(Stored data)
*** Block opens ***
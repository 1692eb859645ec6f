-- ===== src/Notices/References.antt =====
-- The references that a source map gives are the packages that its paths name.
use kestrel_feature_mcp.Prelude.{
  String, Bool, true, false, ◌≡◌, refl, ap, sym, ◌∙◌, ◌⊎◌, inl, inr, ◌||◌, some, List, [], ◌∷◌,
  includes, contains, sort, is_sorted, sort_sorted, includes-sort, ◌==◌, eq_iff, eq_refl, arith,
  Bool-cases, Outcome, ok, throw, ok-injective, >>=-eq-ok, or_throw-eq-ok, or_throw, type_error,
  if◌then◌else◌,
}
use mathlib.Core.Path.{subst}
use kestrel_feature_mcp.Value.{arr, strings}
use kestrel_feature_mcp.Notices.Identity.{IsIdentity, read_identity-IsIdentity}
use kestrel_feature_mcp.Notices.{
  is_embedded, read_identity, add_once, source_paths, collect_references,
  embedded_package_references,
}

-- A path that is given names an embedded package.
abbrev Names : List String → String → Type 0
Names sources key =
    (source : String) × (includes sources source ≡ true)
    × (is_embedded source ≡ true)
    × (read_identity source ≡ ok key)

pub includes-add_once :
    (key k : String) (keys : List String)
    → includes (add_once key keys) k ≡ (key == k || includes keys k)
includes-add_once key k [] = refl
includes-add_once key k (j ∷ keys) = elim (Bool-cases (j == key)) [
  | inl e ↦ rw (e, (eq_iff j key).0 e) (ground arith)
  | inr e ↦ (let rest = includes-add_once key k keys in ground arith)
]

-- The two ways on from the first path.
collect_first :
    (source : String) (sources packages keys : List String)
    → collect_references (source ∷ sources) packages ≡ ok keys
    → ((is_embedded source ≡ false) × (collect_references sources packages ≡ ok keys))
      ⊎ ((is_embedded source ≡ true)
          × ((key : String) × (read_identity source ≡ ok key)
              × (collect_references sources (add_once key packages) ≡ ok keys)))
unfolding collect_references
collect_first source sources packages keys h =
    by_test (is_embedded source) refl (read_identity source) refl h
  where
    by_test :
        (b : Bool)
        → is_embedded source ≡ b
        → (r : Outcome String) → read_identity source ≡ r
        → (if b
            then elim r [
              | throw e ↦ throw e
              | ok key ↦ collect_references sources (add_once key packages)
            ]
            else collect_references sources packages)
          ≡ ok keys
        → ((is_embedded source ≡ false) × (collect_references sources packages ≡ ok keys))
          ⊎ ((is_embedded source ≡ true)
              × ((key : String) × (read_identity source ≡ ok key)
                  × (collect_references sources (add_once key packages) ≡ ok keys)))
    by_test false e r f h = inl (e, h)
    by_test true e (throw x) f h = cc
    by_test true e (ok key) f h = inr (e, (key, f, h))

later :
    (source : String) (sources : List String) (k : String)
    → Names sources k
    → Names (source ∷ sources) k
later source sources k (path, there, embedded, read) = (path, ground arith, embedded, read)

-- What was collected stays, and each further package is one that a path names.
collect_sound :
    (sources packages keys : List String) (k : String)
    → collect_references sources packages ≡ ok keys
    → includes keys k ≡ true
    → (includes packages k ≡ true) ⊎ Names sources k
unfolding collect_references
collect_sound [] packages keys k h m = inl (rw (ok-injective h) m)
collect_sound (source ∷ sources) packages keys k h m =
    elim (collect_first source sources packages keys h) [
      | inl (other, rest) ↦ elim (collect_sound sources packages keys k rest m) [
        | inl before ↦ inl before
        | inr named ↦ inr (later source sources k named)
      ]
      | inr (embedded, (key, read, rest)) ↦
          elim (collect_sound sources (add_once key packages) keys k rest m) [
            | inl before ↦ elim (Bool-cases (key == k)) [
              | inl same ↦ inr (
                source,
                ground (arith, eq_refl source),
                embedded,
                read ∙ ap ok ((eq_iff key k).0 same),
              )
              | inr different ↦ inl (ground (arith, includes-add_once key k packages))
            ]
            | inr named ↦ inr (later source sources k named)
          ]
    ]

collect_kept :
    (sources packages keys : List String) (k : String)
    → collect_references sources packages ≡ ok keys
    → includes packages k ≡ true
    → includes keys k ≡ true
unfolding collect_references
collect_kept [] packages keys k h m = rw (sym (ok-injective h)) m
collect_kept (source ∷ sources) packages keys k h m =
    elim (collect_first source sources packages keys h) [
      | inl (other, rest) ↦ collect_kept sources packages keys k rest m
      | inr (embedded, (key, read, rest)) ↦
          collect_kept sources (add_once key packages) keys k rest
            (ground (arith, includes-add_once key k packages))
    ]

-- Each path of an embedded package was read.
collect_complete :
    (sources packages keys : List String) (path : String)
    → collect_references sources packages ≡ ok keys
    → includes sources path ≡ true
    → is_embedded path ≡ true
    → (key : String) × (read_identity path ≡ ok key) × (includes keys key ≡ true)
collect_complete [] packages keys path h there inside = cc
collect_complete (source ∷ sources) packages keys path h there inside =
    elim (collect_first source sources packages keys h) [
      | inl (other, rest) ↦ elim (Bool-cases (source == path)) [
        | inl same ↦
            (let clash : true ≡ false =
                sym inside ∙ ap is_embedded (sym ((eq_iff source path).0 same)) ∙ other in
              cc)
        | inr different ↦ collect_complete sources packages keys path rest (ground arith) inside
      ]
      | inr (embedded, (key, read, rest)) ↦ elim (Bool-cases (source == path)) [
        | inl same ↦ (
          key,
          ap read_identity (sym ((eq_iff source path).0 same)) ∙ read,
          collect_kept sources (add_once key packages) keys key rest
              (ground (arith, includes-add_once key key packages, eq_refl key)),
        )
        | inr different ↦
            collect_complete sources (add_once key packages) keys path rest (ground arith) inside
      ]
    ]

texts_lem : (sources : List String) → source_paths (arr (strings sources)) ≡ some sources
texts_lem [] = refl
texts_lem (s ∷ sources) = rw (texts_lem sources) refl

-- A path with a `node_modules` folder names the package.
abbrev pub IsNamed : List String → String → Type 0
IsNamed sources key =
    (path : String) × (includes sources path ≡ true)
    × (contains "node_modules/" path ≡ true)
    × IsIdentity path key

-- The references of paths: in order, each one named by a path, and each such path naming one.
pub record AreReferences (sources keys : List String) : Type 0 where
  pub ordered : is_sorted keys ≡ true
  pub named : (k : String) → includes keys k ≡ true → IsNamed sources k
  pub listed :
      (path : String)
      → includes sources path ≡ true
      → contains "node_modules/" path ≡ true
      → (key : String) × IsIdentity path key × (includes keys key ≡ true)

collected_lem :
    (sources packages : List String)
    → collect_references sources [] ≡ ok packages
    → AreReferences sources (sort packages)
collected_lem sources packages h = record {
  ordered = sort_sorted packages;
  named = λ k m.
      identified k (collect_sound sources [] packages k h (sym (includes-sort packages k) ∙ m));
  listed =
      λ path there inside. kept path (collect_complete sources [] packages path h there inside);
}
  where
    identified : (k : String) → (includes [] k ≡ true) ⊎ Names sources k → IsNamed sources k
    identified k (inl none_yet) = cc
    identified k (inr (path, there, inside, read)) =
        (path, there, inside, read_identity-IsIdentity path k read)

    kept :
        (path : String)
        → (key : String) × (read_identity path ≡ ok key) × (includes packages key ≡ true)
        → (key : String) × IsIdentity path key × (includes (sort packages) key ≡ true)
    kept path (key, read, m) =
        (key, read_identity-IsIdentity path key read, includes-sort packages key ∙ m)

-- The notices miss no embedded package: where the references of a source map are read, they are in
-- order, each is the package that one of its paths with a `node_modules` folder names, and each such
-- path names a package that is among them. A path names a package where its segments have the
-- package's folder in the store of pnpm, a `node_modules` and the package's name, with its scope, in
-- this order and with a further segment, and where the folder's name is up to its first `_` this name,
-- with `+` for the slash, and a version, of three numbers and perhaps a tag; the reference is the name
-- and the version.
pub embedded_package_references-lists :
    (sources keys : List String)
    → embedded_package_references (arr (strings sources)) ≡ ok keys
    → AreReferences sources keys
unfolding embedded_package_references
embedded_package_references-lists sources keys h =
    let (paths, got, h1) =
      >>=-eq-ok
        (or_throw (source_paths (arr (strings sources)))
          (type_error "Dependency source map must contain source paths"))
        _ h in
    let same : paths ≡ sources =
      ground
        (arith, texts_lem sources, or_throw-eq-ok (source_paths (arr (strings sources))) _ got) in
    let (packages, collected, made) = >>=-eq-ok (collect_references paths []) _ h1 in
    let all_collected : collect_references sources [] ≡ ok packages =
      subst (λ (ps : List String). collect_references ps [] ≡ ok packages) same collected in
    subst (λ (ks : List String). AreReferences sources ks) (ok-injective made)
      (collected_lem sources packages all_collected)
*** Block closes ***
*** Block opens ***
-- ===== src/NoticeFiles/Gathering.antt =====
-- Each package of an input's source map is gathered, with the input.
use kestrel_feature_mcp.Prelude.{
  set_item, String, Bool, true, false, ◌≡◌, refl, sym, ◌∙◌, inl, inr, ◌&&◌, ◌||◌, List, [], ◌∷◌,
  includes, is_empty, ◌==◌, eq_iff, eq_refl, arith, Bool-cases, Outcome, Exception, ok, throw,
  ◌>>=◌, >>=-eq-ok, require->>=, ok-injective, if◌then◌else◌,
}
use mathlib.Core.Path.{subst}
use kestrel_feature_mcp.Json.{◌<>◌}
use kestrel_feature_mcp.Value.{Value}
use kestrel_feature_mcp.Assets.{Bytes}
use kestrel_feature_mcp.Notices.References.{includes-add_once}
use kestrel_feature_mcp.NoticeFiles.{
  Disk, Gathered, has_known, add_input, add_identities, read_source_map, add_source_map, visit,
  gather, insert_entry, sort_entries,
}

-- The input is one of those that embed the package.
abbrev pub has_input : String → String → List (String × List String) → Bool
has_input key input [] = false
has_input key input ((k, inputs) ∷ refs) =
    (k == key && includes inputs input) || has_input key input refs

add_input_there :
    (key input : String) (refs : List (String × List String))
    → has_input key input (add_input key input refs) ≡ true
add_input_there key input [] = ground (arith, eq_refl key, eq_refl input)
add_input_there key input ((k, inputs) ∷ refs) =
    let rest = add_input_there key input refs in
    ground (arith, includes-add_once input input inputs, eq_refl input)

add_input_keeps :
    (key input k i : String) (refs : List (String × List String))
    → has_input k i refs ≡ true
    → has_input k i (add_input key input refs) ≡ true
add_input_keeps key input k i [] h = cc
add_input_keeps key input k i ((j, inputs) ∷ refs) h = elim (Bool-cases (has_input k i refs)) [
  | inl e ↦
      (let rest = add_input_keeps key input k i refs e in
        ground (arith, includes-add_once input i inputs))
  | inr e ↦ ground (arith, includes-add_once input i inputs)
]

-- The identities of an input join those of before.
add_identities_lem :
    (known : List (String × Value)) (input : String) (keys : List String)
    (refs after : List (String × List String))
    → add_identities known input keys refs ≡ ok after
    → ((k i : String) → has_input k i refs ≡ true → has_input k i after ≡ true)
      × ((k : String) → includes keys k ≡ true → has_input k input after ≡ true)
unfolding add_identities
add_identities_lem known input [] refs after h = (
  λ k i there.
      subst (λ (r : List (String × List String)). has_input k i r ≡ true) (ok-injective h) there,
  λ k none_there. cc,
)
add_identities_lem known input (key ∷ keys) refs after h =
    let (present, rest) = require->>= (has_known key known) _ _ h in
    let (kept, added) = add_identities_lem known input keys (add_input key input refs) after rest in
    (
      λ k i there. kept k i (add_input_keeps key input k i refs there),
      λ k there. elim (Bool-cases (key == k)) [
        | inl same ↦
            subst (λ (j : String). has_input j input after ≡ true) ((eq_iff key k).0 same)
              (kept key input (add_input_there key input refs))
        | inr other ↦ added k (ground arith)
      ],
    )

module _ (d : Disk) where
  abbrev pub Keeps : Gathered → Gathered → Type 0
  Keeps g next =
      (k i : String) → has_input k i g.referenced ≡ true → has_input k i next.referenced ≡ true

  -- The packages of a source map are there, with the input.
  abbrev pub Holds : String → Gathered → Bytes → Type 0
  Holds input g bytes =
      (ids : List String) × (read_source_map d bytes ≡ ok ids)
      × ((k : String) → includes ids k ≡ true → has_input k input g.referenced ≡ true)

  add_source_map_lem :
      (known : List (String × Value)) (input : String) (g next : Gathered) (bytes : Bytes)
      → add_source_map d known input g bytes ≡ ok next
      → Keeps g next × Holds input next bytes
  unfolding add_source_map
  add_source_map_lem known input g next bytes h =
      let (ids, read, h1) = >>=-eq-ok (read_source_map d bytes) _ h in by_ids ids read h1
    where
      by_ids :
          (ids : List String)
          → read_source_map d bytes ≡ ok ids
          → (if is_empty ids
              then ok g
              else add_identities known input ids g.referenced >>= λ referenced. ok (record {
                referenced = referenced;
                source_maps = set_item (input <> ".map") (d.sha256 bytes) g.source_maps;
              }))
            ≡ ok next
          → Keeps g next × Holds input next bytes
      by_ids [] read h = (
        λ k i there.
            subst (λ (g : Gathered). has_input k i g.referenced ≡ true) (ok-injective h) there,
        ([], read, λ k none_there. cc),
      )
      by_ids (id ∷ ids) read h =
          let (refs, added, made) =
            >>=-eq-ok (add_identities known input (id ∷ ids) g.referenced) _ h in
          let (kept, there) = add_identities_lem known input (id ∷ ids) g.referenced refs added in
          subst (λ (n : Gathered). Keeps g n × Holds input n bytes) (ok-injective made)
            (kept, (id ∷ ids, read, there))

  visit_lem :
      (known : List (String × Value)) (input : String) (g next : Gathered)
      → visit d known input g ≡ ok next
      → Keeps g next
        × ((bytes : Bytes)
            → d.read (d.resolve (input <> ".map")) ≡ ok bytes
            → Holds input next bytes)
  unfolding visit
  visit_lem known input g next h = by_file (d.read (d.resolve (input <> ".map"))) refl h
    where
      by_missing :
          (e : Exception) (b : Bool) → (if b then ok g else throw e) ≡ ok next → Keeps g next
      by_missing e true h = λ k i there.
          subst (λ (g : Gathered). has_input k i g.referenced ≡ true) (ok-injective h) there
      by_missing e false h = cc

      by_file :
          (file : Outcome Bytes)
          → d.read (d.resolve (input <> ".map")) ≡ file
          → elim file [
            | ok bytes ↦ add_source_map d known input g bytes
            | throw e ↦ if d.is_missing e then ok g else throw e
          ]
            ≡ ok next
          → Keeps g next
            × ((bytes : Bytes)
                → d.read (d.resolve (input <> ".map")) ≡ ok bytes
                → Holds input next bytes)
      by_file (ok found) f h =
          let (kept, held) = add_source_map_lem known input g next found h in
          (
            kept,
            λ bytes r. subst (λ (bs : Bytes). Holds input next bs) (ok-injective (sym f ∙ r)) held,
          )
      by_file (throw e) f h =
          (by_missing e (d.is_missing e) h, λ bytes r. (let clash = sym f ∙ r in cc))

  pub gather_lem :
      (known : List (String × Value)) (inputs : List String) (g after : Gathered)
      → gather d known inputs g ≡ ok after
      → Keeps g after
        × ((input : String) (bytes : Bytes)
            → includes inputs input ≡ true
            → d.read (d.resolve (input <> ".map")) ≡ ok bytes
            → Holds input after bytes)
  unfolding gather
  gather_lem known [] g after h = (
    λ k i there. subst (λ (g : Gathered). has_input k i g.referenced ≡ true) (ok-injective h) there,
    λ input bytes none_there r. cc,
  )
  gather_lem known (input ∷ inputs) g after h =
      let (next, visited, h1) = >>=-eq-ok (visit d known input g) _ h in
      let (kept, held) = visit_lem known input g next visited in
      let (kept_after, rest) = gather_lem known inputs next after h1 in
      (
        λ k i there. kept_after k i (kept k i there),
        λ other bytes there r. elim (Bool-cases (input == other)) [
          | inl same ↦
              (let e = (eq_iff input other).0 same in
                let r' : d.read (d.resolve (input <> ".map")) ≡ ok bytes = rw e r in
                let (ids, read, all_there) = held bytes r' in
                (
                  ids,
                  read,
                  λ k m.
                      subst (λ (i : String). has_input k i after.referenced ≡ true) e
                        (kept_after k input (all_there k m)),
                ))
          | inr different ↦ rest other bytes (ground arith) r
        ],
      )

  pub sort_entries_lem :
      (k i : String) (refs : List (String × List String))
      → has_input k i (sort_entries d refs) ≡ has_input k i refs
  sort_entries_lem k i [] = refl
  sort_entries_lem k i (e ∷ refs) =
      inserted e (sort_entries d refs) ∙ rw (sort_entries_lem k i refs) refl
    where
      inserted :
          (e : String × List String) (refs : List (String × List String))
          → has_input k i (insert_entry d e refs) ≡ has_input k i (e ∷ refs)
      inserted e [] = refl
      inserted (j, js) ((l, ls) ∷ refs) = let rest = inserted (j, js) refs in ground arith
*** Block closes ***
*** Block opens ***
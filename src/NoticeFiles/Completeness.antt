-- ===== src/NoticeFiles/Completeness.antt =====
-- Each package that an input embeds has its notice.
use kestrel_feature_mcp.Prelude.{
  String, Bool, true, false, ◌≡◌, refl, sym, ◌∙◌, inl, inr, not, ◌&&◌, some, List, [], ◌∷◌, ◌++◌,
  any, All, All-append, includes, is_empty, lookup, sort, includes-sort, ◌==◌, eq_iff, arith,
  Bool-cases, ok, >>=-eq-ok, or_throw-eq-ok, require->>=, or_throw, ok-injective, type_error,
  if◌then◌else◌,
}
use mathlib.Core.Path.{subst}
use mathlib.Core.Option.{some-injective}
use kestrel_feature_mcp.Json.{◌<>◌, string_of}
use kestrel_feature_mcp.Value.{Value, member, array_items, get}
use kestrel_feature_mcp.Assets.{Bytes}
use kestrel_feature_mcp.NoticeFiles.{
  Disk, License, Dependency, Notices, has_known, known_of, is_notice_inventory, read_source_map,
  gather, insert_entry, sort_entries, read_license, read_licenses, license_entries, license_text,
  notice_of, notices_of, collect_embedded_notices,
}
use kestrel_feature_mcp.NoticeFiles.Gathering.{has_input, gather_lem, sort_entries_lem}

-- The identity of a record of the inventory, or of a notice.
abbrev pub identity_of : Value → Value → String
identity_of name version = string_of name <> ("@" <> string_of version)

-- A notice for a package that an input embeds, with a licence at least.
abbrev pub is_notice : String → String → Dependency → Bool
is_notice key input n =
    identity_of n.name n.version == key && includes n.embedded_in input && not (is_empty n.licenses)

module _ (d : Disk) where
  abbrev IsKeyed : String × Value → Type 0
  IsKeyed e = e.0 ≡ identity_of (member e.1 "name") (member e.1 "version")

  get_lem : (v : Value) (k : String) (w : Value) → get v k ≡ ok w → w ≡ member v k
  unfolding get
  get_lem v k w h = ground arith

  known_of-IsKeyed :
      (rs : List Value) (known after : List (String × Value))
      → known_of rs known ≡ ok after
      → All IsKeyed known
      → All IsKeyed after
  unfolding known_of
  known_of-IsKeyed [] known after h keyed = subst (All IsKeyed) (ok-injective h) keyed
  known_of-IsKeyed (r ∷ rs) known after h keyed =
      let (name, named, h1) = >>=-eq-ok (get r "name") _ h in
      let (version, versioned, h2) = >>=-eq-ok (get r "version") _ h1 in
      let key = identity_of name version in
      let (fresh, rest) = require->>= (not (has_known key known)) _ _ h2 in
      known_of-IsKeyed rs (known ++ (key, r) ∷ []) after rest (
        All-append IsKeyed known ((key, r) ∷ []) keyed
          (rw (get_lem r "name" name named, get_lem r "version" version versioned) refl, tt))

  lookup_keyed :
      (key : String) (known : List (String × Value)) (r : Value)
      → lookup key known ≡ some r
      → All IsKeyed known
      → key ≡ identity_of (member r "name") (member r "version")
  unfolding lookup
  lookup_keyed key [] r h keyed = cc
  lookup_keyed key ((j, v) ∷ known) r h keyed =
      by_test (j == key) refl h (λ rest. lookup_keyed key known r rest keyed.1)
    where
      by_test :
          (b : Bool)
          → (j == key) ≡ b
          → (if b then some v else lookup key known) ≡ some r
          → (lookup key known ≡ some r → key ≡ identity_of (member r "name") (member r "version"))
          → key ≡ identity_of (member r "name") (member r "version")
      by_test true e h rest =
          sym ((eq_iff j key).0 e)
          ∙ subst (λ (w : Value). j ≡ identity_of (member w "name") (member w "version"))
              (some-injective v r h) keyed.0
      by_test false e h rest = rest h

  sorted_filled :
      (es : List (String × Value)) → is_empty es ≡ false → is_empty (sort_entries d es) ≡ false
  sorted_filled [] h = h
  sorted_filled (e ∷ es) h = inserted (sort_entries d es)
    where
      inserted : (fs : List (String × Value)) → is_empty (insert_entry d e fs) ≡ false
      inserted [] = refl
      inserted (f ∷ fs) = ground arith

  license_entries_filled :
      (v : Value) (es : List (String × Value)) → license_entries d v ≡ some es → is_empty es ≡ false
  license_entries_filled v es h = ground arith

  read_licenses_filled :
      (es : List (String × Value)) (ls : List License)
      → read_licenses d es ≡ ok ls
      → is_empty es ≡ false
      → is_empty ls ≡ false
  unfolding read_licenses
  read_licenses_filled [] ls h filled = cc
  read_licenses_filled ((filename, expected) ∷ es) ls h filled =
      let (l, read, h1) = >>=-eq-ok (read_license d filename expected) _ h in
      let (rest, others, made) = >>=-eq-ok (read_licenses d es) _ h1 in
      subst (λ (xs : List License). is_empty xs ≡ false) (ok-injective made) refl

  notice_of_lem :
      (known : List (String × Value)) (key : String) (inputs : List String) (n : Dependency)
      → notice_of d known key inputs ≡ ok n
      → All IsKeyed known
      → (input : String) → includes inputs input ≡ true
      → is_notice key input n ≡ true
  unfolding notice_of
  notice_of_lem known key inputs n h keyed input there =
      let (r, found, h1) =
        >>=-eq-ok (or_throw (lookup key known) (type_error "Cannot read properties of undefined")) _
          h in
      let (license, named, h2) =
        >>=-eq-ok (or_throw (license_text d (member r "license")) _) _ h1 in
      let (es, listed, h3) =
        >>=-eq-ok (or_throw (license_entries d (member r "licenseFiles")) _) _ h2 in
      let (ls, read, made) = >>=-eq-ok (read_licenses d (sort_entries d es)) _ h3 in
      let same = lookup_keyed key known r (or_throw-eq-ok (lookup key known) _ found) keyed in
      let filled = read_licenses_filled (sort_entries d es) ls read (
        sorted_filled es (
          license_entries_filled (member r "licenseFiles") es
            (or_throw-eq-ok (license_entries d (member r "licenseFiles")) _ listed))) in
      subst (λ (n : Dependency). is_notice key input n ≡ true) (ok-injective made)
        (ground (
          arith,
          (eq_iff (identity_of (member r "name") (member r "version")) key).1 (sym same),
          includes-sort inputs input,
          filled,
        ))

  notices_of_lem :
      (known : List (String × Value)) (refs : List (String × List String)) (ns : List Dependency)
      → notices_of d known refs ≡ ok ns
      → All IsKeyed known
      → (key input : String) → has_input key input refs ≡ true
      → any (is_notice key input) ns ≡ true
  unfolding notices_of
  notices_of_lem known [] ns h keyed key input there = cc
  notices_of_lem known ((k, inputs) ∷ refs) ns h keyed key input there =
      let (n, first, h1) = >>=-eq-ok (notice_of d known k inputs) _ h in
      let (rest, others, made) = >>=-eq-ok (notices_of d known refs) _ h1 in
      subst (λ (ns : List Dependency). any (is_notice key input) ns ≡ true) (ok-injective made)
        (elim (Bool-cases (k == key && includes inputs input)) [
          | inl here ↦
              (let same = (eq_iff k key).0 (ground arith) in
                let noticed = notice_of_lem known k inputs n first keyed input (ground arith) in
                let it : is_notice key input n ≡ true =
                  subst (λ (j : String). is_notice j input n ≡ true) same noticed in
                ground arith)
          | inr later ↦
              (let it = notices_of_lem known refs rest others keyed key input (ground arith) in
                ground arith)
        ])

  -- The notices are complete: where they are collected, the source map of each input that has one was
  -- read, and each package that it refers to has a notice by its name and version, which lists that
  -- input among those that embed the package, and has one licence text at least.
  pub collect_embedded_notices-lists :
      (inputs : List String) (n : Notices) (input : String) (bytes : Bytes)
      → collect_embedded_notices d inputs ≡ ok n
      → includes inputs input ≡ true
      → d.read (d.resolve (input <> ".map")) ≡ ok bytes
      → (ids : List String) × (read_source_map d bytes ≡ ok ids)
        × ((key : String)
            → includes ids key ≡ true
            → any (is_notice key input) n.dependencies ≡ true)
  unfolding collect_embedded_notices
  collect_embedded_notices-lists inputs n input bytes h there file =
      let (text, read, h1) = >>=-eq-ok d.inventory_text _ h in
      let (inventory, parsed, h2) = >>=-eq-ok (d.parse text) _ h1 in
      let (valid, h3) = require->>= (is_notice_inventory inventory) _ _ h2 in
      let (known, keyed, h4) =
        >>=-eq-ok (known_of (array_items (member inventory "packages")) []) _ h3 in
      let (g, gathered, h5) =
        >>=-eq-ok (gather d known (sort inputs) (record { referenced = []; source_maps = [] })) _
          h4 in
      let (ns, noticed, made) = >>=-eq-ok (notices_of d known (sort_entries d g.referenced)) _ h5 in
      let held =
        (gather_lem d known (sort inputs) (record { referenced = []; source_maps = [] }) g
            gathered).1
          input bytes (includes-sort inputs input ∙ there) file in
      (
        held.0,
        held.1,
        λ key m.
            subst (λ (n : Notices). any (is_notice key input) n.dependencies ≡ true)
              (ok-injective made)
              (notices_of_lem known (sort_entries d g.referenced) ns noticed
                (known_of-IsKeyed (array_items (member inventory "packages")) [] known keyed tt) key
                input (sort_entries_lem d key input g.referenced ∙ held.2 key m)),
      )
*** Block closes ***
**Task description**
Could you return exactly the stretch of the data above that starts at the line with "-- A path that" and ends at the line with "(source : String) (sources packages", both lines included?

**Answer space**
-- A path that is given names an embedded package.
abbrev Names : List String → String → Type 0
Names sources key =
    (source : String) × (includes sources source ≡ true)
    × (is_embedded source ≡ true)
    × (read_identity source ≡ ok key)

pub includes-add_once :
    (key k : String) (keys : List String)
    → includes (add_once key keys) k ≡ (key == k || includes keys k)
includes-add_once key k [] = refl
includes-add_once key k (j ∷ keys) = elim (Bool-cases (j == key)) [
  | inl e ↦ rw (e, (eq_iff j key).0 e) (ground arith)
  | inr e ↦ (let rest = includes-add_once key k keys in ground arith)
]

-- The two ways on from the first path.
collect_first :
    (source : String) (sources packages keys : List String)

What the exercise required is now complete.